Where a line of the entries holds the string "added", copy that line.
--- Records supplied Enclosed Below ---
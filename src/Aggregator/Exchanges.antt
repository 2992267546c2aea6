-- ===== src/Aggregator/Exchanges.antt =====
-- `ExchangeCount` of `computeAggregate` in internal/domain/aggregator.go.
use termino.Prelude.{suc, ◌≡◌, refl, ap, ◌∙◌, ◌||◌, List, [], ◌∷◌, some, length, arith, subst}
use termino.Prelude.Int.{ℤ, pos}
use termino.Prelude.Text.{Text, text_eq}
use termino.Prelude.Dict.{lookup, keys, member, IsDistinct, member-insert, insert-IsDistinct}
use mathlib.Core.Option.{some-injective}
use termino.Float.{Float}
use termino.Models.{PriceEvent, AggregatedPrice}
use termino.Aggregator.{
  PriceWindow, PriceAggregator, Totals, tally, tally_all, start, totals, report, aggregate_of, add,
}
use termino.Aggregator.Window.{add_reports}

-- `n` is how many different texts there are among `names`: the length of a list without
-- repetition that has the same members.
pub record CountsDistinct (names : List Text) (n : ℤ) : Type 0 where
  pub witnesses : List Text
  pub distinct : IsDistinct witnesses
  pub same : (x : Text) → member x witnesses ≡ member x names
  pub count : pos (length witnesses) ≡ n

abbrev pub exchanges_in : {F : Type 0} → List (PriceEvent F) → List Text
exchanges_in [] = []
exchanges_in (p ∷ ps) = p.exchange ∷ exchanges_in ps

length-keys : {V : Type 0} (m : List (Text × V)) → length (keys m) ≡ length m
length-keys [] = refl
length-keys (x ∷ m) = ap suc (length-keys m)

module _ {F : Type 0} ⦃fl : Float F⦄ where
  tally_all-IsDistinct :
      (t : Totals F) (ps : List (PriceEvent F))
      → IsDistinct (keys t.exchanges)
      → IsDistinct (keys (tally_all t ps).exchanges)
  unfolding tally_all
  tally_all-IsDistinct t [] h = h
  tally_all-IsDistinct t (p ∷ ps) h =
      tally_all-IsDistinct (tally t p) ps (insert-IsDistinct p.exchange tt t.exchanges h)

  tally_all-member :
      (t : Totals F) (ps : List (PriceEvent F)) (x : Text)
      → member x (keys (tally_all t ps).exchanges)
        ≡ (member x (exchanges_in ps) || member x (keys t.exchanges))
  unfolding tally_all
  tally_all-member t [] x = refl
  tally_all-member t (p ∷ ps) x =
      ground (arith, tally_all-member (tally t p) ps x, member-insert x p.exchange tt t.exchanges)

  aggregate_of-CountsDistinct :
      (now : ℤ) (s : Text) (w : PriceWindow F) (ps : List (PriceEvent F)) {r : AggregatedPrice F}
      → aggregate_of now s w ps ≡ some r
      → CountsDistinct (exchanges_in ps) r.exchange_count
  unfolding aggregate_of report totals
  aggregate_of-CountsDistinct now s w [] e = cc
  aggregate_of-CountsDistinct now s w (p ∷ ps) e =
      subst (λ q. CountsDistinct (exchanges_in (p ∷ ps)) q.exchange_count) (some-injective _ _ e)
        (record {
          witnesses = keys (totals p ps).exchanges;
          distinct = tally_all-IsDistinct (start p) (p ∷ ps) tt;
          same = λ x. tally_all-member (start p) (p ∷ ps) x ∙ ground arith;
          count = ap pos (length-keys (totals p ps).exchanges);
        })

  -- The exchange count that `Add` returns is the number of different exchanges among the prices of
  -- the symbol's new window.
  pub add-CountsDistinct :
      (now : ℤ) (a : PriceAggregator F) (e : PriceEvent F) {b : PriceAggregator F}
      {r : AggregatedPrice F} {w : PriceWindow F}
      → add now a e ≡ some (b, r)
      → lookup e.symbol b.windows ≡ some w
      → CountsDistinct (exchanges_in w.prices) r.exchange_count
  add-CountsDistinct now a e {w = w} added found =
      aggregate_of-CountsDistinct now e.symbol w w.prices (add_reports now a e added found)
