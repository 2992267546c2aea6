-- ===== src/Aggregator/Extremes.antt =====
-- The high and the low price of `computeAggregate` in internal/domain/aggregator.go.
use mathlib.Core.List.{Memᴰ}
use mathlib.Core.Option.{some-injective}
use termino.Prelude.{
  ◌≡◌, refl, ◌⊎◌, inl, inr, Bool, true, false, List, [], ◌∷◌, some, All, if◌then◌else◌, Bool-cases,
  subst,
}
use termino.Prelude.Int.{ℤ}
use termino.Prelude.Text.{Text, text_eq}
use termino.Prelude.Dict.{lookup}
use termino.Float.{Float, FloatOrder}
use termino.Models.{PriceEvent, AggregatedPrice}
use termino.Aggregator.{
  PriceWindow, PriceAggregator, Totals, tally, tally_all, start, totals, report, aggregate_of, add,
}
use termino.Aggregator.Window.{add_reports}

-- The running best of the prices, where `better best price` replaces it.
abbrev best : {F : Type 0} → (F → F → Bool) → F → List (PriceEvent F) → F
best better b [] = b
best better b (p ∷ ps) = best better (if better b p.price then p.price else b) ps

module _ {F : Type 0} ⦃fl : Float F⦄ where
  tally_all-best :
      (t : Totals F) (ps : List (PriceEvent F))
      → ((tally_all t ps).high ≡ best fl.lt t.high ps)
        × ((tally_all t ps).low ≡ best (λ b p. fl.lt p b) t.low ps)
  unfolding tally_all
  tally_all-best t [] = (refl, refl)
  tally_all-best t (p ∷ ps) = tally_all-best (tally t p) ps

-- `below a b` is the order in which a better value is above.
module _ {F : Type 0} (better below : F → F → Bool) (IsNumber : F → Type 0)
    (self : (a : F) → IsNumber a → below a a ≡ true)
    (trans : (a b c : F) → below a b ≡ true → below b c ≡ true → below a c ≡ true)
    (replaced : (a b : F) → better a b ≡ true → below a b ≡ true)
    (stays : (a b : F) → IsNumber a → IsNumber b → better a b ≡ false → below b a ≡ true) where
  pub record Best (b : F) (ps : List (PriceEvent F)) (u : F) : Type 0 where
    pub over : below b u ≡ true
    pub covers : All (λ p. below p.price u ≡ true) ps
    pub attained : (u ≡ b) ⊎ ((p : PriceEvent F) × Memᴰ p ps × (u ≡ p.price))

  best_lem :
      (b : F) (ps : List (PriceEvent F))
      → IsNumber b
      → All (λ p. IsNumber p.price) ps
      → Best b ps (best better b ps)
  best_lem b [] n h = record { over = self b n; covers = tt; attained = inl refl }
  best_lem b (p ∷ ps) n h = elim (Bool-cases (better b p.price)) [
    | inl e ↦ rw e (moved (best_lem p.price ps h.0 h.1) e)
    | inr e ↦ rw e (kept (best_lem b ps n h.1) e)
  ]
    where
      moved :
          Best p.price ps (best better p.price ps)
          → better b p.price ≡ true
          → Best b (p ∷ ps) (best better p.price ps)
      moved q e = record {
        over = trans _ _ _ (replaced _ _ e) q.over;
        covers = (q.over, q.covers);
        attained = elim q.attained [
          | inl same ↦ inr (p, Memᴰ.head refl, same)
          | inr (x, m, same) ↦ inr (x, Memᴰ.tail m, same)
        ];
      }

      kept :
          Best b ps (best better b ps)
          → better b p.price ≡ false
          → Best b (p ∷ ps) (best better b ps)
      kept q e = record {
        over = q.over;
        covers = (trans _ _ _ (stays _ _ n h.0 e) q.over, q.covers);
        attained = elim q.attained [
          | inl same ↦ inl same
          | inr (x, m, same) ↦ inr (x, Memᴰ.tail m, same)
        ];
      }

module _ {F : Type 0} ⦃fl : Float F⦄ (o : FloatOrder fl) where
  -- Every price of the list lies between the two, and each of the two is a price of the list.
  pub record IsRange (low high : F) (ps : List (PriceEvent F)) : Type 0 where
    pub above_low : All (λ p. fl.le low p.price ≡ true) ps
    pub below_high : All (λ p. fl.le p.price high ≡ true) ps
    pub low_attained : (p : PriceEvent F) × Memᴰ p ps × (low ≡ p.price)
    pub high_attained : (p : PriceEvent F) × Memᴰ p ps × (high ≡ p.price)

  attained_in :
      (p : PriceEvent F) (ps : List (PriceEvent F)) (u : F)
      → (u ≡ p.price) ⊎ ((q : PriceEvent F) × Memᴰ q (p ∷ ps) × (u ≡ q.price))
      → (q : PriceEvent F) × Memᴰ q (p ∷ ps) × (u ≡ q.price)
  attained_in p ps u (inl e) = (p, Memᴰ.head refl, e)
  attained_in p ps u (inr found) = found

  totals-IsRange :
      (p : PriceEvent F) (ps : List (PriceEvent F))
      → All (λ q. o.IsNumber q.price) (p ∷ ps)
      → IsRange (totals p ps).low (totals p ps).high (p ∷ ps)
  unfolding totals
  totals-IsRange p ps h =
      let up =
        best_lem fl.lt fl.le o.IsNumber o.le_refl o.le_trans o.le_of_lt o.le_of_not_lt p.price
          (p ∷ ps) h.0 h in
      let down =
        best_lem (λ b x. fl.lt x b) (λ x y. fl.le y x) o.IsNumber o.le_refl
          (λ x y z l m. o.le_trans z y x m l) (λ x y l. o.le_of_lt y x l)
          (λ x y m n l. o.le_of_not_lt y x n m l) p.price (p ∷ ps) h.0 h in
      rw (tally_all-best (start p) (p ∷ ps)).0 (
        rw (tally_all-best (start p) (p ∷ ps)).1 (record {
          above_low = down.covers;
          below_high = up.covers;
          low_attained = attained_in p ps _ down.attained;
          high_attained = attained_in p ps _ up.attained;
        }))

  aggregate_of-IsRange :
      (now : ℤ) (s : Text) (w : PriceWindow F) (ps : List (PriceEvent F)) {r : AggregatedPrice F}
      → aggregate_of now s w ps ≡ some r
      → All (λ q. o.IsNumber q.price) ps
      → IsRange r.low_price r.high_price ps
  unfolding aggregate_of report
  aggregate_of-IsRange now s w [] e h = cc
  aggregate_of-IsRange now s w (p ∷ ps) e h =
      subst (λ q. IsRange q.low_price q.high_price (p ∷ ps)) (some-injective _ _ e)
        (totals-IsRange p ps h)

  -- Where `Add` returns an aggregate and no price of the symbol's new window is a NaN, the low and
  -- the high price of the aggregate bound every price of that window and occur in it.
  pub add-IsRange :
      (now : ℤ) (a : PriceAggregator F) (e : PriceEvent F) {b : PriceAggregator F}
      {r : AggregatedPrice F} {w : PriceWindow F}
      → add now a e ≡ some (b, r)
      → lookup e.symbol b.windows ≡ some w
      → All (λ q. o.IsNumber q.price) w.prices
      → IsRange r.low_price r.high_price w.prices
  add-IsRange now a e {w = w} added found h =
      aggregate_of-IsRange now e.symbol w w.prices (add_reports now a e added found) h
--- End of Enclosed Records supplied ---
■ Output below
  add-CountsDistinct now a e {w = w} added found =
      aggregate_of-CountsDistinct now e.symbol w w.prices (add_reports now a e added found)
  add-IsRange now a e {w = w} added found h =
      aggregate_of-IsRange now e.symbol w w.prices (add_reports now a e added found) h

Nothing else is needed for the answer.